Q1: How much do ARWU and QS rankings differ for the same medical school?

The average rank difference between ARWU and QS for the top 100 medical schools is approximately 12 positions, according to a 2023 analysis by the University of Melbourne’s Melbourne Institute. For schools outside the top 50, this gap widens to an average of 22 positions. For example, the University of Toronto differs by 8 positions (17th in ARWU vs. 25th in QS in 2023), while Seoul National University differs by 15 positions (34th in ARWU vs. 49th in QS). These discrepancies are driven by QS’s 50% weight on reputation surveys versus ARWU’s 60% weight on research output metrics.

Q2: Which ranking is better for evaluating medical research quality?

ARWU is more aligned with research quality, as it directly measures publication volume in high-impact journals (20% weight for Nature and Science articles) and the number of Highly Cited Researchers (20% weight). A 2022 study by the National Science Foundation found that ARWU’s medical scores correlate at r=0.85 with total biomedical research expenditure, while QS’s scores correlate at only r=0.62. For students prioritizing research careers, ARWU provides a more objective assessment of institutional research strength.

Q3: Why do Asian medical schools often rank lower in QS than in ARWU?

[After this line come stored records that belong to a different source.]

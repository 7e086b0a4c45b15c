-- ===== src/Base/Int.antt =====
-- Go's `int`, as an integer: a port of a configuration may be negative.
use Prim.Native.Nat.{ℕ, suc}
use Prim.Native.String.{String, ◌++◌ as ◌<>◌}
use mathlib.Core.Path.{◌≡◌, refl}
use mathlib.Core.Bool.{Bool, true, false, ◌||◌}
use vmkit_agent.Base.Tests.{ltb, ◌==◌}
use vmkit_agent.Base.Text.{itoa}

-- `negsuc n` is -(n + 1).
pub data ℤ : Type 0 where
  pos : ℕ → ℤ
  negsuc : ℕ → ℤ

-- `n < k`, for the bounds that the program compares with
abbrev pub lt_pos : ℤ → ℕ → Bool
lt_pos (pos n) k = ltb n k
lt_pos (negsuc n) k = true

abbrev pub gt_pos : ℤ → ℕ → Bool
gt_pos (pos n) k = ltb k n
gt_pos (negsuc n) k = false

abbrev pub int_eq : ℤ → ℤ → Bool
int_eq (pos m) (pos n) = m == n
int_eq (negsuc m) (negsuc n) = m == n
int_eq (pos m) (negsuc n) = false
int_eq (negsuc m) (pos n) = false

-- `%d` and `strconv.Itoa`
unfoldable pub show_int : ℤ → String
unfolding itoa
show_int (pos n) = itoa n
show_int (negsuc n) = "-" <> itoa (suc n)

-- `port < 1 || port > 65535`
abbrev pub out_of_range : ℤ → Bool
out_of_range p = lt_pos p 1 || gt_pos p 65535

show_negative : show_int (negsuc 0) ≡ "-1"
unfolding show_int
show_negative = refl
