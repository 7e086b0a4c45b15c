-- ===== src/Types.antt =====
-- pkg/types/types.go: the records that several operations share.
pub mod Sequence
use vmkit_agent.Base.{String}

-- `Status` of a step: "in_progress", "completed" or "failed". The empty text is `Status`'s
-- zero value in Go and no step keeps it.
pub data Status : Type 0 where
  in_progress completed failed : Status

-- The times and the duration, which nothing reads, are left out.
pub record StepResult : Type 0 where
  pub name : String
  pub status : Status
  pub message : String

Asian medical schools, such as those in China, Japan, and South Korea, face a systematic disadvantage in QS due to its 40% academic reputation survey, which is predominantly completed by English-speaking scholars. A 2023 report from the OECD indicated that only 12% of QS survey respondents were from Asia, compared to 48% from North America and Europe. This leads to lower reputation scores for Asian institutions, even when their research output is competitive. For example, the University of Tokyo has an ARWU rank of 21st but a QS rank of 46th, a 25-position gap primarily attributed to reputation bias.

References

  • Shanghai Ranking Consultancy. 2023. Academic Ranking of World Universities (ARWU) – Clinical Medicine Methodology.
  • Quacquarelli Symonds. 2023. QS World University Rankings by Subject – Medicine Methodology.
  • Centre for Science and Technology Studies (CWTS), Leiden University. 2023. Correlation Analysis of Global University Ranking Systems in Medical Fields.
  • National Science Foundation (NSF). 2022. Higher Education Research and Development (HERD) Survey – Biomedical Expenditure Data.
  • World Education Services (WES). 2022. International Student Decision-Making in Medical Education: A Survey of 5,000 Applicants.